I wonder why is that!, is it that for most people it's too complicated to use ?, hard to understand or the additional cost ?

For those who don't use it, if it was given to you for free with your hosting package or VPS, would you use it ? would you take the time to edit your website to take advantage of it ?

Seems to me that the vast majority of users actually don't even know such product exists, and yes most sites might not warrant the extra cost, but if it was free ?.

Carlos


----------



## Licensecart (Dec 18, 2014)

I find it confusing which is why I've prepared my site ready for when I do use it but it looks hard to set up and costly for the things you have to do.


----------



## comXyz (Dec 18, 2014)

I use CloudFlare, but don't care about CDN feature.


----------



## DomainBop (Dec 18, 2014)

> Why don't you use CDN ?


CDN's inbreeding calculator confuses the hell out of me.

On a more serious note, I do use this "free" global CDN with 93 pops that one of my providers offers



> and yes most sites might not warrant the extra cost, but if it was free ?.

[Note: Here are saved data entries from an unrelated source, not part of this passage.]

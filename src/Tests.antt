-- ===== src/Tests.antt =====
-- Runs of the definitions at concrete inputs, and the theorems applied there.
mod Texts
mod Keys
mod Ledgers
mod Scopes
mod Buses
mod Screens
mod Orders
mod Reconciles
mod Filters
mod Gates
mod Effects
mod Envelopes
mod Durables
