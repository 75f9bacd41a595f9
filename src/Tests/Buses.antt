-- ===== src/Tests/Buses.antt =====
-- The commit bus at concrete inputs.
use react_native_dblayer.Base.{true, ◌≡◌, refl, ◌&&◌, none, some, List, [], ◌∷◌, any, keep}
use react_native_dblayer.Base.Str.{text, str_eq}
use react_native_dblayer.Base.StrSet
use react_native_dblayer.Base.StrMap
use react_native_dblayer.CommitBus.{
  Bus, CommitBatch, Dependency, row, dep_matches, row_matches, has_ref, bucket, is_empty_batch,
  candidates_from, batch_models, add_names, add_refs, add_ref, add_to_model_buckets, models_of,
  allocate, subscribe, unsubscribe, publish,
}
use react_native_dblayer.CommitBus.Coherent.{
  IsCoherent, subscribe-IsCoherent, unsubscribe-IsCoherent,
}
use react_native_dblayer.CommitBus.Once.{no_repeats, publish-no_repeats}
use react_native_dblayer.CommitBus.Publish.{publish-notified}

abbrev empty_bus : Bus
empty_bus = record {
  deps_of = λ r. [];
  next_ref = 0;
  subscribers = [];
  retained = [];
  subscribers_by_model = [];
  all_subscribers = [];
  sequence = 0;
}

empty_bus-IsCoherent : IsCoherent empty_bus
unfolding has_ref any bucket StrMap.get
empty_bus-IsCoherent = record { buckets = λ m r. refl; fresh = λ r h. cc }

abbrev name_of_row : List Dependency
name_of_row = row (text "user") (text "1") (some (text "name" ∷ [])) ∷ []

abbrev one_rename : CommitBatch
one_rename = record {
  rows =
      record {
        model = text "user";
        id = text "1";
        fields = some (text "name" ∷ []);
        kind = none;
        replaced_by = none;
      }
      ∷ [];
  scopes = [];
  pending = [];
}

subscribe-IsCoherent_example : IsCoherent (subscribe name_of_row empty_bus)
subscribe-IsCoherent_example = subscribe-IsCoherent name_of_row empty_bus empty_bus-IsCoherent

unsubscribe-IsCoherent_example : IsCoherent (unsubscribe 0 (subscribe name_of_row empty_bus))
unsubscribe-IsCoherent_example =
    unsubscribe-IsCoherent 0 (subscribe name_of_row empty_bus)
      (subscribe-IsCoherent name_of_row empty_bus empty_bus-IsCoherent)

publish_run : (publish one_rename (subscribe name_of_row empty_bus)).notified ≡ 0 ∷ []
unfolding publish subscribe is_empty_batch keep candidates_from batch_models add_names StrSet.add
    StrSet.has add_refs bucket StrMap.get add_to_model_buckets models_of StrMap.set str_eq add_ref
    has_ref any allocate dep_matches row_matches
publish_run = refl

publish-notified_example :
    has_ref 0 (publish one_rename (subscribe name_of_row empty_bus)).notified ≡ (
      has_ref 0 (subscribe name_of_row empty_bus).subscribers
      && any (dep_matches one_rename) ((subscribe name_of_row empty_bus).deps_of 0))
publish-notified_example =
    publish-notified one_rename (subscribe name_of_row empty_bus) 0
      (subscribe-IsCoherent name_of_row empty_bus empty_bus-IsCoherent)

publish-no_repeats_example :
    no_repeats (publish one_rename (subscribe name_of_row empty_bus)).notified ≡ true
publish-no_repeats_example = publish-no_repeats one_rename (subscribe name_of_row empty_bus)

It would depend on the quality of the free CDN network whether it was worth it for people to use.  I've seen some sites using cheap CDN solutions that run on crappy networks and/or have overloaded CDN servers that probably do more harm than good (i.e. you sit there waiting for the images to load from the CDN network's overloaded servers).


----------



## Nett (Dec 18, 2014)

It adds up additional DNS lookup time and SSL connection etc. I would never bother using a CDN for small js/css/images.


----------



## drmike (Dec 18, 2014)

NullMind said:


> While the benefits of using a CDN to speed up your website are well known for those who use it, it's still quite uncommon for the overall hosting users.
> 
> I wonder why is that!, is it that for most people it's too complicated to use ?, hard to understand or the additional cost ?
> 
> ...


Ahhh yeah too expensive.  I am not paying another bill each month for something.

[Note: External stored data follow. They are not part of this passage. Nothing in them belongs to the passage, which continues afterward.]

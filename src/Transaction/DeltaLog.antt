-- ===== src/Transaction/DeltaLog.antt =====
-- src/core/apply/deltaLog.ts: the keys of deltas and markers, the codec of a delta, the reading of
-- the log with its cut, and the highest number on disk. `JSON.stringify`, `JSON.parse` and `Number`
-- are parameters; an applied operation is its JSON value.
use react_native_dblayer.Base.{
  ℕ, zero, suc, ◌-◌, Bool, true, false, ◌&&◌, ◌||◌, Option, none, some, List, [], ◌∷◌, ◌++◌,
  if◌then◌else◌, leb, every, keep, length, ◌==◌,
}
use react_native_dblayer.Base.Str.{Str, str_eq, str_lt, text}
use react_native_dblayer.Base.StrMap
use react_native_dblayer.Base.StrMap.{StrMap}
use react_native_dblayer.Base.Value.{
  pos, Number, int, Value, num, str, arr, obj, Items, nil, cons, done, field, entries,
}
use react_native_dblayer.CompositeKey.{decimal, max_safe_integer}
use react_native_dblayer.Where.Filter.{read_field, same_number}

-- The storage plane: its keys and their texts.
abbrev pub Storage : Type 0
Storage = StrMap Str

zeros : ℕ → Str
zeros zero = []
zeros (suc n) = 48 ∷ zeros n

-- `padStart(SEQ_WIDTH, '0')`
pad_start : Str → Str
unfolding zeros
pad_start s = zeros (12 - length s) ++ s

-- `deltaKey`
unfoldable pub delta_key : Str → ℕ → Str
unfolding pad_start
delta_key prefix seq = prefix ++ (text "delta:" ++ pad_start (decimal seq))

-- `snapseqKey`
unfoldable pub snapseq_key : Str → Str → Str
snapseq_key prefix model = prefix ++ (text "snapseq:" ++ model)

unfoldable pub starts_with : Str → Str → Bool
starts_with [] s = true
starts_with (c ∷ p) [] = false
starts_with (c ∷ p) (d ∷ s) = c == d && starts_with p s

unfoldable pub items_of : List Value → Items
items_of [] = nil
items_of (value ∷ values) = cons value (items_of values)

unfoldable pub values_of : Items → List Value
values_of nil = []
values_of (cons value items) = value ∷ values_of items

unfoldable pub delta_value : ℕ → List Value → Value
unfolding items_of
delta_value seq ops = obj (
    field (text "recordVersion") (num (int (pos 1)))
      (field (text "seq") (num (int (pos seq))) (field (text "ops") (arr (items_of ops)) done)))

-- `encodeDelta`
unfoldable pub encode_delta : (Value → Str) → ℕ → List Value → Str
unfolding delta_value
encode_delta stringify seq ops = stringify (delta_value seq ops)

pub record DecodedDelta : Type 0 where
  pub seq : ℕ
  pub ops : List Value

pub data Decoded : Type 0 where
  decoded : DecodedDelta → Decoded
  stale corrupt : Decoded

unfoldable pub is_kind : Value → Bool
is_kind (str kind) =
    str_eq kind (text "upsert")
    || (str_eq kind (text "destroy")
        || (str_eq kind (text "scope") || str_eq kind (text "scope-delta")))
is_kind _ = false

unfoldable pub is_text : Value → Bool
is_text (str s) = true
is_text _ = false

-- `isDeltaOp`, on JSON values.
unfoldable pub is_delta_op : Value → Bool
is_delta_op (obj fields) =
    is_kind (read_field (entries fields) (text "kind"))
    && is_text (read_field (entries fields) (text "model"))
is_delta_op _ = false

unfoldable pub safe_natural : Value → Option ℕ
safe_natural (num (int (pos n))) = if leb n max_safe_integer then some n else none
safe_natural _ = none

unfoldable pub delta_of_shape : Option ℕ → Value → Decoded
unfolding values_of
delta_of_shape (some seq) (arr items) =
    if every is_delta_op (values_of items)
    then decoded record { seq = seq; ops = values_of items }
    else corrupt
delta_of_shape _ _ = corrupt

-- The version gate, then the shape gate.
unfoldable pub by_version : Value → StrMap Value → Decoded
unfolding safe_natural delta_of_shape
by_version (num version) fields =
    if same_number version (int (pos 1))
    then delta_of_shape (safe_natural (read_field fields (text "seq")))
        (read_field fields (text "ops"))
    else stale
by_version _ fields = corrupt

unfoldable pub decode_value : Option Value → Decoded
unfolding by_version
decode_value (some (obj fields)) =
    by_version (read_field (entries fields) (text "recordVersion")) (entries fields)
decode_value _ = corrupt

-- `decodeDelta`; `parse` gives none where JSON.parse throws.
unfoldable pub decode_delta : (Str → Option Value) → Str → Decoded
unfolding decode_value
decode_delta parse raw = decode_value (parse raw)

unfoldable pub safe_integer : Number → Option ℕ
safe_integer (int (pos n)) = if leb n max_safe_integer then some n else none
safe_integer _ = none

-- `readSnapseq`; `none` is -1.
unfoldable pub read_snapseq : (Str → Number) → Storage → Str → Str → Option ℕ
unfolding safe_integer
read_snapseq number_of storage prefix model = elim (StrMap.get (snapseq_key prefix model) storage) [
  | none ↦ none
  | some raw ↦ safe_integer (number_of raw)
]

unfoldable pub insert_key : Str → List Str → List Str
insert_key key [] = key ∷ []
insert_key key (k ∷ ks) =
    let rest = insert_key key ks in if str_lt k key then k ∷ rest else key ∷ k ∷ ks

unfoldable pub sort_keys : List Str → List Str
unfolding insert_key
sort_keys [] = []
sort_keys (k ∷ ks) = insert_key k (sort_keys ks)

-- `storage.keys(prefix)`
unfoldable pub keys_with : Str → Storage → List Str
keys_with prefix storage = keep (starts_with prefix) (StrMap.keys storage)

unfoldable pub delete_keys : List Str → Storage → Storage
delete_keys [] storage = storage
delete_keys (key ∷ keys) storage = delete_keys keys (StrMap.delete key storage)

-- What reading the log gives: the deltas, the storage after it, and the keys of a cut.
pub record DeltaLog : Type 0 where
  pub deltas : List DecodedDelta
  pub storage : Storage
  pub lost : List Str

module _ (parse : Str → Option Value) where
  unfoldable pub decode_at : Storage → Str → Decoded
  decode_at storage key = elim (StrMap.get key storage) [
    | none ↦ corrupt
    | some raw ↦ decode_delta parse raw
  ]

  unfoldable pub cut_at : Str → List Str → List DecodedDelta → Storage → Bool → DeltaLog
  cut_at prefix cut deltas storage counts =
      let kept = delete_keys cut storage in
      record {
        deltas = deltas;
        storage = delete_keys (keys_with (prefix ++ text "query") kept) kept;
        lost = if counts then cut else [];
      }

  -- The loop of `readDeltaLog` over the sorted keys.
  unfoldable pub read_deltas : Str → List Str → List DecodedDelta → Storage → DeltaLog
  unfolding decode_at cut_at
  read_deltas prefix [] deltas storage = record { deltas = deltas; storage = storage; lost = [] }
  read_deltas prefix (key ∷ keys) deltas storage =
      let rest : DecodedDelta → DeltaLog =
        λ delta. read_deltas prefix keys (deltas ++ delta ∷ []) storage in
      elim (decode_at storage key) [
        | decoded delta ↦ rest delta
        | stale ↦ cut_at prefix (key ∷ keys) deltas storage false
        | corrupt ↦ cut_at prefix (key ∷ keys) deltas storage true
      ]

  -- `readDeltaLog`
  unfoldable pub read_delta_log : Str → Storage → DeltaLog
  unfolding sort_keys
  read_delta_log prefix storage =
      read_deltas prefix (sort_keys (keys_with (prefix ++ text "delta:") storage)) [] storage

I like with MaxCDN had that flat price offer like $39 was it for 1TB and have 12 months to use it.   I like usage model like that.

Willing to pay something, but not what folks are high these days pricing things at.


----------



## rmlhhd (Dec 18, 2014)

With BuyVM adding Anycast to their list of features it's actually quite cheap to setup a CDN, okay BuyVM only has 3 locations but even so it's still better than giving your data to Cloudflare or some other company. At least with BuyVM or similar services where you host everything yourself you know where the data is, you know how much it's going to cost every month and you know if there's an issue all you need to do is fix it.


----------



## SentinelTower (Dec 18, 2014)

NullMind said:


> While the benefits of using a CDN to speed up your website are well known for those who use it, it's still quite uncommon for the overall hosting users.
> 
> I wonder why is that!, is it that for most people it's too complicated to use ?, hard to understand or the additional cost ?
> 
> ...


I think the main thing is that most users are not well aware what a CDN can do for them.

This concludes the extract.